━━━ Source data ━━━
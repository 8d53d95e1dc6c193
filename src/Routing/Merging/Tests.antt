-- ===== src/Routing/Merging/Tests.antt =====
-- Results of two branches that arrive in both orders, and two that conflict.
use mathlib.Core.List.{Permᴰ}
use jarvis_development.Prelude.{none, some, [], ◌∷◌, ◌≡◌, refl, Dict, String, string_eq}
use jarvis_development.Routing.Merging.{read, merge_by_id}
use jarvis_development.Routing.Merging.Order.{Update, deliver, Same, deliver-Perm}

abbrev json : String → String
json text = text

abbrev first : Update String
first = record { entries = ("a", "1") ∷ ("b", "2") ∷ []; keyed = (refl, (refl, tt)) }

abbrev second : Update String
second = record { entries = ("b", "2") ∷ ("c", "3") ∷ []; keyed = (refl, (refl, tt)) }

abbrev merged : Dict String String
merged = ("a", "1") ∷ ("b", "2") ∷ ("c", "3") ∷ []

conflict : merge_by_id json (("b", "1") ∷ []) second.entries ≡ none
unfolding merge_by_id read
conflict = refl

in_order : deliver json [] (first ∷ second ∷ []) ≡ some merged
unfolding deliver merge_by_id read
in_order = refl

deliver-Perm_example :
    (n : Dict String String) × (deliver json [] (second ∷ first ∷ []) ≡ some n) × Same json merged n
deliver-Perm_example = deliver-Perm json [] (Permᴰ.swap refl refl) in_order
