-- ===== src/Routing/Targets.antt =====
-- `_choose_route` never leaves the edges of its node.
use jarvis_development.Prelude.{
  Bool, true, Option, none, some, List, [], ◌∷◌, ◌≡◌, inl, inr, String, string_eq, contains, arith,
  find?, Bool-cases, contains-head, contains-tail,
}
use jarvis_development.Contracts.Json.{Fields}
use jarvis_development.Contracts.Workflow.{
  WorkflowEdge, WorkflowEdgeKind, WorkflowNode, WorkflowSpec, retry, iterate,
}
use jarvis_development.Routing.{
  Counters, Revision, Route, routed, failed, iterate_route, retry_route, take_edge, skips,
  route_from, choose_route,
}

abbrev pub edge_targets : List WorkflowEdge → List String
edge_targets [] = []
edge_targets (e ∷ es) = e.target ∷ edge_targets es

-- A route's target is one of the given ones.
abbrev pub StaysIn : List String → Route → Type 0
StaysIn ts (routed t charges) = contains ts t ≡ true
StaysIn ts (failed e) = Unit

-- The fallback, where there is one, leads to one of the given targets.
abbrev FallbackIn : List String → Option WorkflowEdge → Type 0
FallbackIn ts none = Unit
FallbackIn ts (some f) = contains ts f.target ≡ true

find?-FallbackIn :
    (p : WorkflowEdge → Bool) (es : List WorkflowEdge) → FallbackIn (edge_targets es) (find? p es)
find?-FallbackIn p [] = tt
find?-FallbackIn p (e ∷ es) = elim (Bool-cases (p e)) [
  | inl hit ↦ rw hit (contains-head e.target (edge_targets es))
  | inr miss ↦ rw miss (widen (find? p es) (find?-FallbackIn p es))
]
  where
    widen :
        (o : Option WorkflowEdge)
        → FallbackIn (edge_targets es) o
        → FallbackIn (e.target ∷ edge_targets es) o
    widen none h = tt
    widen (some f) h = contains-tail e.target f.target (edge_targets es) h

module _ (spec : WorkflowSpec) (revisions : List Revision) (node : WorkflowNode)
    (fallback : Option WorkflowEdge) (state : Fields) (counters : Counters) (ts : List String)
    (back : FallbackIn ts fallback) where
  take_edge-StaysIn :
      (kind : WorkflowEdgeKind) (e : WorkflowEdge)
      → contains ts e.target ≡ true
      → StaysIn ts (take_edge spec revisions node fallback state counters kind e)
  unfolding take_edge retry_route iterate_route
  take_edge-StaysIn retry e h = ground arith
  take_edge-StaysIn iterate e h = ground arith
  take_edge-StaysIn kind e h = h

  route_from-StaysIn :
      (es : List WorkflowEdge)
      → ((t : String) → contains (edge_targets es) t ≡ true → contains ts t ≡ true)
      → StaysIn ts (route_from spec revisions node fallback state counters es)
  unfolding route_from
  route_from-StaysIn [] within = ground arith
  route_from-StaysIn (e ∷ es) within =
      elim (Bool-cases (skips spec revisions node fallback state counters e)) [
        | inl skip ↦
            rw skip (
              route_from-StaysIn es
                (λ t m. within t (contains-tail e.target t (edge_targets es) m)))
        | inr taken ↦ rw taken (
            take_edge-StaysIn e.kind e (within e.target (contains-head e.target (edge_targets es))))
      ]

-- The target that `_choose_route` returns is the target of one of the node's edges.
pub choose_route-StaysIn :
    (spec : WorkflowSpec) (revisions : List Revision) (node : WorkflowNode)
    (edges : List WorkflowEdge) (state : Fields) (counters : Counters)
    → StaysIn (edge_targets edges) (choose_route spec revisions node edges state counters)
unfolding choose_route
choose_route-StaysIn spec revisions node edges state counters =
    route_from-StaysIn spec revisions node (find? (λ e. e.fallback) edges) state counters
      (edge_targets edges) (find?-FallbackIn (λ e. e.fallback) edges) edges (λ t m. m)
━━━
Problem requirements >> Reproduce the listing above exactly as far as the line with "second = record", that line included.

Problem solution >>
repository 8d53d95e1dc6c193
filename src/Routing/Merging/Tests.antt
-- ===== src/Routing/Merging/Tests.antt =====
-- Results of two branches that arrive in both orders, and two that conflict.
use mathlib.Core.List.{Permᴰ}
use jarvis_development.Prelude.{none, some, [], ◌∷◌, ◌≡◌, refl, Dict, String, string_eq}
use jarvis_development.Routing.Merging.{read, merge_by_id}
use jarvis_development.Routing.Merging.Order.{Update, deliver, Same, deliver-Perm}

abbrev json : String → String
json text = text

abbrev first : Update String
first = record { entries = ("a", "1") ∷ ("b", "2") ∷ []; keyed = (refl, (refl, tt)) }

abbrev second : Update String
second = record { entries = ("b", "2") ∷ ("c", "3") ∷ []; keyed = (refl, (refl, tt)) }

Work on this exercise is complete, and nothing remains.